One, the president of the Christian university his father founded, raised eyebrows and provoked an outcry among some evangelicals when he endorsed Donald J. Trump before the Iowa caucuses.
Another, a son of perhaps the nation’s most celebrated evangelist and the successor to his father’s ministry, has drawn attention for his scathing comments about Muslims and is in the midst of what he describes as a 50-state tour “to challenge Christians to live out their faith at home, in public and at the ballot box.”
Jerry Falwell Jr., whose father, the Rev. Jerry Falwell, founded Liberty University and the Moral Majority movement, and the Rev. Franklin Graham, whose father, Billy Graham, is estimated to have preached the Gospel to millions of people, now find themselves forces of their own. Both are trying to balance their own identities, and their father’s legacies, at a time when religion is playing a powerful role in American politics.
The excitement among Christian voters has been on display this month in Iowa, which held caucuses Feb. 1, and South Carolina, where Republicans will vote on Saturday and Democrats on Feb. 27. Similar dynamics could prove pivotal as conservative candidates also seek support in the nine other Southern states where Republicans will vote by March 5. The stakes are high for Mr. Falwell, who is not a pastor, and Mr. Graham as they ponder the rewards and perils of creating political identities apart from the ones their fathers forged decades ago.
Both men say there is no rivalry between them as they pursue different ways of engaging in politics.
“He’s got to make decisions and do things that he feels God is calling him to do,” Mr. Graham, 63, said of Mr. Falwell, 53. “And I have to do things that I feel God is calling me to do.”
But for both, those decisions play out in the shadows of their fathers.
“The Grahams and Falwells across generations have chosen different tactics, but the tactics could be equally influential,” said John C. Green, a political scientist at the University of Akron and an author of “The Bully Pulpit: The Politics of Protestant Clergy.”
He added: “I don’t see Franklin Graham as deeply involved in partisan politics the way Jerry Falwell Jr. is with his endorsement of Trump. But he’s much more active in politics in the broader sense.”
When Mr. Graham flew to Oregon to help negotiate an end to the occupation of Malheur National Wildlife Refuge last week, for instance, it reflected his increasing national profile.
Mr. Falwell’s decision to support a candidate surprised his associates, chiefly because of what they described as his long reluctance to become a political figure, unlike his father, who, before his death in 2007, helped mold conservative Christians into a powerful voting bloc. Mr. Falwell even described his decision as “unusual and out of character.”
Equally surprising to many was the subject of the endorsement. Most evangelical endorsements have gone to other Republican candidates, like Senators Ted Cruz of Texas or Marco Rubio of Florida.
Still, when Mr. Falwell, a lawyer, endorsed Mr. Trump, he did it in a way that was reminiscent of his father’s unvarnished and unapologetic approach.

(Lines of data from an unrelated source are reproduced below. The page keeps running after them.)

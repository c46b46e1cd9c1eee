-- ===== src/Statistics/Grouping.antt =====
-- infrastructure/statistics.py `buckets`: what is counted.
use owlmatic.Prelude.{
  ℕ, ◌+◌, ◌≡◌, Bool, true, ◌&&◌, String, List, [], ◌∷◌, string_eq, if◌then◌else◌,
}
use owlmatic.Domain.{state_eq, outcome_eq, effects_eq, purpose_eq}
use owlmatic.Ledger.{Row}
use owlmatic.Statistics.Contracts.{RunBucket}
use owlmatic.Statistics.Storage.{DatePort, same_key, bucket_of, is_within}

-- A test that does not read the counts.
abbrev pub OfKey : (RunBucket → Bool) → Type 0
OfKey test = (b c : RunBucket) → same_key b c ≡ true → test b ≡ test c

-- The runs in the range that pass a test.
unfoldable pub count_rows : DatePort → String → String → (RunBucket → Bool) → List Row → ℕ
unfolding is_within bucket_of
count_rows port since until test [] = 0
count_rows port since until test (row ∷ rows) =
    (if is_within port since until row.run && test (bucket_of port row.run) then 1 else 0)
    + count_rows port since until test rows
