-- ===== src/Supervision.antt =====
-- supervisor.py: one execution of a run by a worker, from the policy check to the stored result.
mod Attempt
pub mod Results
mod Execution
pub mod Stored
unfoldable pub use Execution.*
unfoldable pub use Attempt.*
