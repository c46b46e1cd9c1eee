-- ===== src/Supervision/Results.antt =====
-- supervisor.py: how an attempt ends.
use owlmatic.Prelude.{
  ◌∙◌, ◌≡◌, refl, ◌⊎◌, inl, inr, Bool, true, false, Text, List, some, Bool-cases, truthy, arith,
  any, text_eq,
}
use owlmatic.Prelude.Int.{ℤ}
use owlmatic.Errors.{Result-cases, Code, Error, owl, Result, ok, err, >>=-eq-ok}
use owlmatic.Domain.{
  Run, State, Outcome, Evidence, CheckCounts, CheckStatus, finish, completed_run, consistent_state,
  is_running, is_uncertain,
}
use owlmatic.Domain.Lifecycle.{finish-ok}
use owlmatic.Redaction.{clean_evidence}
use owlmatic.Evidence.{verify_evidence, any_unproven, has_status, is_zero}
use owlmatic.Evidence.Completion.{verified_completion, IsVerified, verify_evidence-IsVerified}
use owlmatic.Supervision.Attempt.{
  closing, Job, Ports, prepare, conclude, failure, handle, or_handle, launch, execute_job,
  kept_effects, is_cancelled,
}

finish-failure :
    (ports : Ports) (run : Run) (launched : Bool) (state : State) (code : Code) (truncated : Bool)
    → is_running run.state ≡ true
    → truthy (some ports.iso) ≡ true
    → (state ≡ State.error) ⊎ (state ≡ State.cancelled)
    → finish run (failure ports run launched state code truncated)
      ≡ ok (completed_run run (failure ports run launched state code truncated))
unfolding finish consistent_state
finish-failure ports run launched state code truncated active text kind = ground arith

-- A result that stands for a failure.
abbrev pub Failed : Run → Bool → Run → Type 0
Failed run launched s =
    (is_running s.state ≡ false)
    × (s.outcome ≡ Outcome.inconclusive)
    × (s.effects ≡ kept_effects launched run)
    × (s.run_id ≡ run.run_id)

handle-Failed :
    (ports : Ports) (run : Run) (launched : Bool) (e : Error)
    → is_running run.state ≡ true
    → truthy (some ports.iso) ≡ true
    → (s : Run) × (handle ports run launched e ≡ ok s) × Failed run launched s
unfolding handle
handle-Failed ports run launched (owl code) active text = elim (Bool-cases (is_cancelled code)) [
  | inl e ↦ rw e (
    _,
    finish-failure ports run launched State.cancelled _ _ active text (inr refl),
    (refl, refl, refl, refl),
  )
  | inr e ↦ rw e (
    _,
    finish-failure ports run launched State.error _ _ active text (inl refl),
    (refl, refl, refl, refl),
  )
]
handle-Failed ports run launched _ active text = (
  _,
  finish-failure ports run launched State.error _ false active text (inl refl),
  (refl, refl, refl, refl),
)

-- How an attempt can end: it fails before the workflow is launched, it fails afterwards, or its
-- result is that of evidence which was reported by the process and verified.
pub data Ending (ports : Ports) (job : Job) (s : Run) : Type 0 where
  unlaunched : (e : Error) → prepare ports ≡ err e → Failed job.run false s → Ending ports job s
  interrupted :
      (secrets : List Text)
      → prepare ports ≡ ok secrets
      → Failed job.run true s
      → Ending ports job s
  verified :
      (secrets : List Text) (code : ℤ) (e : Evidence) (c : CheckCounts)
      → prepare ports ≡ ok secrets
      → ports.process ≡ ok code
      → ports.raw_evidence ≡ ok e
      → IsVerified e job.workflow code c
      → s
        ≡ completed_run job.run
            (verified_completion e c (clean_evidence e secrets).outputs ports.iso ports.duration_ms)
      → Ending ports job s

conclude-verified :
    (ports : Ports) (job : Job) (secrets : List Text) (s : Run)
    → prepare ports ≡ ok secrets
    → conclude ports job secrets ≡ ok s
    → Ending ports job s
unfolding conclude
conclude-verified ports job secrets s ready h =
    let (code, exited, h1) = >>=-eq-ok ports.process _ h in
    let (e, read, h2) = >>=-eq-ok ports.raw_evidence _ h1 in
    let (c, checked, h3) =
      >>=-eq-ok (verify_evidence ports.validate e job.workflow job.run.run_id code) _ h2 in
    let (_, saved, h4) = >>=-eq-ok (ports.save_evidence (clean_evidence e secrets)) _ h3 in
    let r =
      finish-ok job.run s
        (verified_completion e c (clean_evidence e secrets).outputs ports.iso ports.duration_ms)
        h4 in
    verified secrets code e c ready exited read
      (verify_evidence-IsVerified ports.validate e job.workflow job.run.run_id code c checked) r.3

-- The log was opened and cannot be closed: the attempt raises what the log raised.
abbrev pub IsUnclosed : Ports → Result Run → Type 0
IsUnclosed ports r =
    (secrets : List Text) × (prepare ports ≡ ok secrets)
    × (e : Error) × (ports.close ≡ err e)
    × (r ≡ err e)

-- The attempt has a result, and ends as `Ending` says.
abbrev pub IsEnded : Ports → Job → Result Run → Type 0
IsEnded ports job r = (s : Run) × (r ≡ ok s) × Ending ports job s

closing-ok : (c : Result (Unit {0})) (r : Result Run) → c ≡ ok tt → closing c r ≡ r
closing-ok c r h = ground arith

closing-err : (c : Result (Unit {0})) (r : Result Run) (e : Error) → c ≡ err e → closing c r ≡ err e
closing-err c r e h = ground arith

module _ (ports : Ports) (job : Job) (active : is_running job.run.state ≡ true)
    (text : truthy (some ports.iso) ≡ true) where
  or_handle-Ending :
      (secrets : List Text) (r : Result Run)
      → prepare ports ≡ ok secrets
      → conclude ports job secrets ≡ r
      → (s : Run) × (or_handle ports job.run true r ≡ ok s) × Ending ports job s
  or_handle-Ending secrets (ok s) ready h = (s, refl, conclude-verified ports job secrets s ready h)
  or_handle-Ending secrets (err e) ready h =
      let (s, handled, failed) = handle-Failed ports job.run true e active text in
      (s, handled, interrupted secrets ready failed)

  launch-Ending :
      (r : Result (List Text))
      → prepare ports ≡ r
      → IsUnclosed ports (launch ports job r) ⊎ IsEnded ports job (launch ports job r)
  launch-Ending (ok secrets) ready = elim (Result-cases ports.close) [
    | inr (e, bad) ↦ inl (secrets, ready, e, bad, closing-err ports.close _ e bad)
    | inl (u, closed) ↦
        let (s, handled, ending) =
          or_handle-Ending secrets (conclude ports job secrets) ready refl in
        inr (s, closing-ok ports.close _ closed ∙ handled, ending)
  ]
  launch-Ending (err e) ready =
      let (s, handled, failed) = handle-Failed ports job.run false e active text in
      inr (s, handled, unlaunched e ready failed)

  -- Whatever the policy, the process and the file store answer or raise, an attempt at a running
  -- run produces a result, unless its log was opened and cannot be closed, where it raises what the
  -- log raised. The result is an inconclusive failure without effects from before the launch, an
  -- inconclusive failure that keeps the declared effects, or verified evidence.
  pub execute_job-Ending :
      IsUnclosed ports (execute_job ports job) ⊎ IsEnded ports job (execute_job ports job)
  unfolding execute_job
  execute_job-Ending = launch-Ending (prepare ports) refl

Ending-pass :
    (ports : Ports) (job : Job) (s : Run)
    → Ending ports job s
    → s.outcome ≡ Outcome.pass
    → (code : ℤ) × (e : Evidence) × (ports.process ≡ ok code)
      × (ports.raw_evidence ≡ ok e)
      × (is_zero code ≡ true)
      × (any_unproven job.workflow.manifest.verification.required_checks e.checks ≡ false)
      × (any (has_status CheckStatus.fail) e.checks ≡ false)
      × (is_uncertain e.effects ≡ false)
Ending-pass ports job s (unlaunched e ready f) p = absurd (ground arith)
Ending-pass ports job s (interrupted secrets ready f) p = absurd (ground arith)
Ending-pass ports job s (verified secrets code e c ready exited read v same) p =
    let q = v.passing (ground arith) in (code, e, exited, read, q.0, q.1, q.2, q.3)

-- A run passes only if the process exited with code 0 and reported evidence in which every
-- required check passed, no check failed, and the effects are known.
pub execute_job-pass :
    (ports : Ports) (job : Job) (s : Run)
    → is_running job.run.state ≡ true
    → truthy (some ports.iso) ≡ true
    → execute_job ports job ≡ ok s
    → s.outcome ≡ Outcome.pass
    → (code : ℤ) × (e : Evidence) × (ports.process ≡ ok code)
      × (ports.raw_evidence ≡ ok e)
      × (is_zero code ≡ true)
      × (any_unproven job.workflow.manifest.verification.required_checks e.checks ≡ false)
      × (any (has_status CheckStatus.fail) e.checks ≡ false)
      × (is_uncertain e.effects ≡ false)
execute_job-pass ports job s active text h p = elim (execute_job-Ending ports job active text) [
  | inl (secrets, ready, e, bad, raised) ↦ absurd (ground arith)
  | inr (r, done, ending) ↦
      let same : r ≡ s = ground arith in Ending-pass ports job r ending (rw same p)
]
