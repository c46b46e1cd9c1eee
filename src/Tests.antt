-- ===== src/Tests.antt =====
-- Concrete inputs, tests, and the theorems at inputs that meet their hypotheses.
mod Samples
mod DomainTests
mod LedgerTests
mod EvidenceTests
mod RecoveryTests
mod ExportTests
mod PolicyTests
mod ExecutionTests
mod MeasurementTests
mod StartTests
mod ProcessTests
mod ArtifactTests
mod CatalogTests
mod HostTests
mod StatisticsTests
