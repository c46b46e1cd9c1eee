-- ===== src/Tests/ArtifactTests.antt =====
-- Pages of artifacts and the log at concrete inputs.
use owlmatic.Prelude.{
  true, ◌==◌, string_eq, if◌then◌else◌, ◌==◌, if◌then◌else◌, ℕ, ◌+◌, ◌≡◌, refl, false, String, Text,
  List, [], ◌∷◌, ◌++◌, drop, length, codes, arith,
}
use owlmatic.Texts.{decode, is_ascii}
use owlmatic.Errors.{ok}
use owlmatic.Process.{Stream}
use owlmatic.Redaction.{text_has_secret}
use owlmatic.Artifacts.{InspectRequest, View, Artifact, absent, file}
use owlmatic.Artifacts.Paging.{follow, follow-page}
use owlmatic.Artifacts.{Log, new_log, pending}
use owlmatic.Artifacts.Lossless.{logged, log_stream, joined_chunks, log_stream-absent}

abbrev a_result : Text
a_result = codes "[1,2,3]"

abbrev some_files : String → Artifact
some_files name = if name == "result.json" then file a_result else absent

-- A page of 172 bytes holds 2 of the file.
abbrev a_request : InspectRequest
a_request = record { run_id = "run_1"; view = View.result; cursor = 1; max_bytes = 172 }

follow-page_example : follow 7 a_request some_files ≡ drop 1 a_result
follow-page_example =
    follow-page 7 a_request some_files "result.json" a_result refl refl refl (ground arith)

abbrev line_size : Stream → Text → ℕ
line_size stream t = 40 + length t

abbrev a_log : Log
a_log = record {
  secrets = codes "hunter2" ∷ [];
  keep = 6;
  pending_stdout = [];
  pending_stderr = [];
  bytes_written = 0;
  limit = 200;
  lines = [];
}

made_log : new_log (codes "hunter2" ∷ codes "hunter2" ∷ []) 200 ≡ a_log
unfolding new_log
made_log = refl

abbrev some_chunks : List Text
some_chunks = codes "hunt " ∷ codes "er2 all day" ∷ []

abbrev the_log : Log
the_log = record a_log {
  bytes_written = 96;
  lines =
      record { stream = Stream.stdout; text = codes "hunt er2 a" }
      ∷ record { stream = Stream.stdout; text = codes "ll day" }
      ∷ [];
}

chunks_logged : log_stream line_size Stream.stdout some_chunks a_log ≡ (ok tt, the_log)
unfolding log_stream
chunks_logged = refl

chunks_clear :
    text_has_secret a_log.secrets (pending Stream.stdout a_log ++ joined_chunks some_chunks) ≡ false
unfolding text_has_secret joined_chunks
chunks_clear = refl

chunks_ascii : is_ascii (pending Stream.stdout a_log ++ joined_chunks some_chunks) ≡ true
unfolding joined_chunks
chunks_ascii = refl

log_stream-absent_example :
    logged Stream.stdout the_log.lines
    ≡ logged Stream.stdout a_log.lines ++ (pending Stream.stdout a_log ++ joined_chunks some_chunks)
log_stream-absent_example =
    log_stream-absent line_size Stream.stdout some_chunks a_log the_log chunks_logged chunks_clear
      chunks_ascii

-- A character of two bytes that a page cuts is lost.
cut_character : (decode (195 ∷ []) ≡ 65533 ∷ []) × (decode (195 ∷ 169 ∷ []) ≡ 233 ∷ [])
unfolding decode
cut_character = (refl, refl)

Mr. Falwell said he decided to engage with Mr. Trump’s campaign, in part, because of his father’s decision to support Ronald Reagan, a Republican who had divorced and remarried, over Jimmy Carter, a Democrat whose Baptist faith was central to his political appeal, in 1980.
“The fact that Christians were criticizing my father for supporting a Hollywood actor who had been divorced and remarried over a Sunday-school teacher, that did have an impact on me,” he said. “I heard a lot of Christians saying this time, ‘Trump’s been divorced and remarried’ and ‘Cruz is a great Christian’ or ‘Rubio’s a great Christian.’ It almost sounded like history repeating itself.”
He said he had received requests for endorsements from others but, “The reason I endorsed Trump was because I feel like our country is at a crossroads.”